Les insectes, tels que la drosophile, utilisent une approche de «couteau suisse» pour bloquer la réponse antivirale, y compris le métabolisme de l’ARN et la formation de SG, qui facilitent toutes l’infection.
Des études récentes ont montré que Nup358, une unité du brin cytoplasmique du complexe de pores nucléaires (NPC), se localise sur les SG et facilite le transport de l’ARNm et des protéines. De cette façon, il joue un rôle de premier plan dans les infections virales. Les niveaux de Nup358 ont diminué dans les cellules infectées par le CrPV-1A et leur déplétion a entraîné une inhibition de la SG.
Les chercheurs ont également noté que l’infection au CrPV nécessitait également une activité du protéasome. De plus, ces effets étaient des résidus AA dépendants de R146 nichés dans la queue C-terminale du CrPV-1A. Le modèle d’étude a également montré que cette queue C-terminale de CrPV-1A interagissait indirectement ou directement avec Nup358 pour médier la dégradation dépendante du protéosome par le complexe Cul2-Rbx1-EloBC.
Ainsi, la mutation R146A, 20 AA s’étendant en amont du clivage « stop-go », a probablement perturbé les interactions CrPV-1A/Nup358, l’activité stop-go du peptide CrPV-2A, modifiant éventuellement la localisation sous-cellulaire du CrPV-1A et les conformations protéiques qui ont médié ces effets .

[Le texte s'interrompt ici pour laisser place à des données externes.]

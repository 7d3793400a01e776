-- ===== src/Bench/Options.antt =====
-- The command line of bench/src/main.c: `parse_mode`, `init_config` and the options, with what they use of
-- `strtoul` and `atoi`. What `getopt_long` gives is a list of options with their arguments.
use tlshub_ebpf.Base.{
  ℕ, ◌+◌, ◌-◌, ◌*◌, ◌%◌, ◌^◌, ℤ, pos, negsuc, true, false, ◌||◌, Option, none, some, List, [], ◌∷◌,
  Bytes, ◌==◌, ltb, if◌then◌else◌, replicate, overwrite, min, codes, str_eq,
}
use tlshub_ebpf.Stdio.{skip_space}
use tlshub_ebpf.Config.{strncpy}
use tlshub_ebpf.Metrics.Record.{int_of}
use tlshub_ebpf.Metrics.Proc.{digits, scan_llu}
use tlshub_ebpf.Bench.Types.{BenchMode, client, server, BenchConfig}

-- How the reading of the options goes: on, with a configuration, or the program exits with a status.
pub data Parsed : Type 0 where
  configured : BenchConfig → Parsed
  exits : ℕ → Parsed

abbrev pub exit_success : ℕ
exit_success = 0

abbrev pub exit_failure : ℕ
exit_failure = 1

-- `parse_mode(mode_str)`
unfoldable pub parse_mode : Bytes → Option BenchMode
parse_mode mode_str =
    if str_eq mode_str (codes "client")
    then some client
    else if str_eq mode_str (codes "server")
    then some server
    else none

-- `init_config(config)`, with the two names that `snprintf` makes of the time and the process.
unfoldable pub init_config : Bytes → Bytes → BenchConfig
init_config json csv = record {
  mode = client;
  target_ip = overwrite (codes "127.0.0.1") (replicate 256 0);
  target_port = 8080;
  listen_port = 9090;
  data_size = 1024;
  concurrency = 1;
  total_connections = 10;
  verbose = false;
  output_json = overwrite json (replicate 512 0);
  output_csv = overwrite csv (replicate 512 0);
}

-- A port: `strtoul` and the tests on what it read; `none` if it is refused.
unfoldable pub port_of : Bytes → Option ℕ
port_of optarg = elim (scan_llu optarg) [
  | none ↦ none
  | some (port, rest) ↦ elim rest [
    | c ∷ cs ↦ none
    | [] ↦ if port == 0 || ltb 65535 port then none else some (port % 2 ^ 16)
  ]
]

-- The value of `strtol` on digits behind a sign, cast to `int`.
unfoldable pub positive_int : Bytes → ℤ
unfolding int_of
positive_int s = int_of (min (digits 0 s).0 (2 ^ 63 - 1) % 2 ^ 32)

unfoldable pub negative_int : Bytes → ℤ
unfolding int_of
negative_int s = int_of ((2 ^ 64 - min (digits 0 s).0 (2 ^ 63)) % 2 ^ 32)

unfoldable pub signed_int : Bytes → ℤ
unfolding positive_int negative_int
signed_int [] = pos 0
signed_int (c ∷ cs) =
    if c == b'+'
    then positive_int cs
    else if c == b'-'
    then negative_int cs
    else positive_int (c ∷ cs)

-- `atoi(s)`
unfoldable pub atoi : Bytes → ℤ
unfolding signed_int
atoi s = signed_int (skip_space s)

-- A positive `int` up to a bound; `none` if it is refused.
unfoldable pub count_of : ℕ → ℤ → Option ℕ
count_of most (pos n) = if n == 0 || ltb most n then none else some n
count_of most (negsuc n) = none

-- The data size: the `int` becomes a `size_t`.
unfoldable pub size_t_of : ℤ → ℕ
size_t_of (pos n) = n
size_t_of (negsuc n) = 2 ^ 64 - (n + 1)

unfoldable pub size_of : ℕ → Option ℕ
size_of n = if n == 0 || ltb (10 * 1024 * 1024) n then none else some n

-- The assignment of a value that was read, or the exit if it was refused.
unfoldable pub assigned : {A : Type 0} → (A → BenchConfig) → Option A → Parsed
assigned set none = exits exit_failure
assigned set (some a) = configured (set a)

-- The cases of the `switch`, for the options of `getopt_long`.
unfoldable pub apply_option : BenchConfig → ℕ → Bytes → Parsed
unfolding parse_mode port_of count_of size_of assigned
apply_option config opt optarg =
    if opt == b'm'
    then assigned (λ x. record config { mode = x }) (parse_mode optarg)
    else if opt == b't'
    then configured (record config { target_ip = strncpy config.target_ip optarg 255 })
    else if opt == b'p'
    then assigned (λ x. record config { target_port = x }) (port_of optarg)
    else if opt == b'l'
    then assigned (λ x. record config { listen_port = x }) (port_of optarg)
    else if opt == b's'
    then assigned (λ x. record config { data_size = x }) (size_of (size_t_of (atoi optarg)))
    else if opt == b'c'
    then assigned (λ x. record config { concurrency = x }) (count_of 1000 (atoi optarg))
    else if opt == b'n'
    then assigned (λ x. record config { total_connections = x }) (count_of 10000 (atoi optarg))
    else if opt == b'j'
    then configured (record config { output_json = strncpy config.output_json optarg 511 })
    else if opt == b'o'
    then configured (record config { output_csv = strncpy config.output_csv optarg 511 })
    else if opt == b'v'
    then configured (record config { verbose = true })
    else if opt == b'h'
    then exits exit_success
    else exits exit_failure

-- The loop over the options.
unfoldable pub parse_options : BenchConfig → List (ℕ × Bytes) → Parsed
unfolding apply_option
parse_options config [] = configured config
parse_options config ((opt, optarg) ∷ options) = elim (apply_option config opt optarg) [
  | exits status ↦ exits status
  | configured config' ↦ parse_options config' options
]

L’immunotransfert pour Nup358 dans les cellules S2 a montré une bande protéique à> 245 kDa, non détectée dans les cellules traitées par l’ARNdb Nup358, confirmant l’épuisement de Nup358 médié par l’ARNi. L’épuisement de Nup358 a eu plusieurs autres effets. Par exemple, le traitement à la patéamine A des cellules appauvries en Nup358 a diminué le nombre de foyers RIN par cellule.

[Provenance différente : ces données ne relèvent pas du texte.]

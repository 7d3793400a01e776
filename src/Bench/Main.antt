-- ===== src/Bench/Main.antt =====
-- `main` of bench/src/main.c, after `getopt_long`. Printed messages are left out.
use tlshub_ebpf.Base.{ℕ, ℤ, is_zero, Bool, Option, none, some, List, Bytes, if◌then◌else◌}
use tlshub_ebpf.Stdio.{c_string}
use tlshub_ebpf.Metrics.Types.{Doubles, Clock}
use tlshub_ebpf.Bench.Types.{BenchMode, client, server, BenchConfig, ConnStats, GlobalMetrics}
use tlshub_ebpf.Bench.Metrics.{Resources, init_metrics, finalize_metrics}
use tlshub_ebpf.Bench.Export.{Report, export_metrics_json, export_metrics_csv}
use tlshub_ebpf.Bench.Sockets.{TcpSockets}
use tlshub_ebpf.Bench.Client.{run_tcp_client}
use tlshub_ebpf.Bench.Server.{run_echo_server}
use tlshub_ebpf.Bench.Options.{
  configured, exits, exit_success, exit_failure, init_config, parse_options,
}

-- The array of connections, and whether a file can be opened for writing.
pub record Host (W : Type 0) : Type 0 where
  pub calloc : ℕ → W → Bool × W
  pub fopen : Bytes → W → Bool × W

-- What is left when the program ends: its status and what the two files hold.
pub record Ending (F W : Type 0) : Type 0 where
  pub status : ℕ
  pub json : Option (Report F)
  pub csv : Option (Report F)
  pub world : W

-- The bounds of the loops: connections served, rounds with one client, turns of an inner loop.
pub record Bounds : Type 0 where
  pub turns : ℕ
  pub rounds : ℕ
  pub fuel : ℕ

module _ {F : Type 0} (fp : Doubles F) {W : Type 0} (sys : Clock W) (net : TcpSockets W)
    (res : Resources W) (host : Host W) where
  -- The exports at the end of the client mode.
  unfoldable pub export_all : BenchConfig → List (ConnStats F) × GlobalMetrics F × W → Ending F W
  unfolding export_metrics_json export_metrics_csv
  export_all config (ss, m, w) =
      let (json_opens, w1) = host.fopen (c_string config.output_json) w in
      let (csv_opens, w2) = host.fopen (c_string config.output_csv) w1 in
      record {
        status = exit_success;
        json = (export_metrics_json json_opens config m ss config.total_connections).1;
        csv = (export_metrics_csv csv_opens config m ss config.total_connections).1;
        world = net.free w2;
      }

  -- The client mode, with the array; the result of `run_tcp_client` is 0.
  unfoldable pub run_client : ℕ → BenchConfig → W → Option (Ending F W)
  unfolding export_all init_metrics finalize_metrics run_tcp_client
  run_client fuel config w =
      let (m, w1) = init_metrics fp sys res w in
      elim (run_tcp_client fp sys net fuel config m w1) [
        | none ↦ none
        | some (ss, m', w2) ↦
            let (m2, w3) = finalize_metrics fp sys res m' w2 in
            some (export_all config (ss, m2, w3))
      ]

  abbrev pub status_of : ℤ → ℕ
  status_of r = if is_zero r then exit_success else exit_failure

  -- One of the two modes.
  unfoldable pub run_mode : Bounds → BenchMode → BenchConfig → W → Option (Ending F W)
  unfolding run_client run_echo_server
  run_mode bounds server config w =
      elim (run_echo_server net bounds.turns bounds.rounds bounds.fuel config.listen_port w) [
        | none ↦ none
        | some (r, w1) ↦ some (record { status = status_of r; json = none; csv = none; world = w1 })
      ]
  run_mode bounds client config w =
      let (allocated, w1) = host.calloc config.total_connections w in
      let outcome = run_client bounds.fuel config w1 in
      if allocated
      then outcome
      else some (record { status = exit_failure; json = none; csv = none; world = w1 })

  -- `main(argc, argv)`, with the names of the files and the options.
  unfoldable pub main : Bounds → Bytes → Bytes → List (ℕ × Bytes) → W → Option (Ending F W)
  unfolding run_mode
  main bounds json csv options w = elim (parse_options (init_config json csv) options) [
    | exits status ↦ some (record { status = status; json = none; csv = none; world = w })
    | configured config ↦ run_mode bounds config.mode config w
  ]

De même, le traitement à l’arsénite a entraîné une diminution d’environ 40 % des foyers RIN par cellule par rapport aux cellules témoins traitées à l’ARNdb. L’épuisement de NXF1, un facteur critique de transport d’ARN, a entraîné la perte de SG. Ensemble, ces résultats ont montré que le blocage de l’exportation d’ARNm via Nup358, ou en général, pouvait entraîner une inhibition de SG.
conclusion
Dans l’ensemble, la présente étude a fourni des informations mécanistes sur l’inhibition de la SG médiée par les protéines virales, une stratégie virale qui n’a pas encore été complètement explorée mais qui favorise les infections virales.
Les études de séquençage n’ont révélé aucune conservation entre le CrPV-1A et d’autres protéines du dicistrovirus 1A, mais certaines peuvent avoir des fonctions similaires. Il serait intéressant que de futures études déterminent comment ces deux protéines virales agissent de manière similaire au niveau spécifique au domaine pour établir une infection productive chez l’hôte. En outre, les études futures devraient étudier de manière approfondie les interactions CrPV-1A/Nup358 et déterminer si l’ubiquitination de Nup358 est essentielle à la dégradation du SG.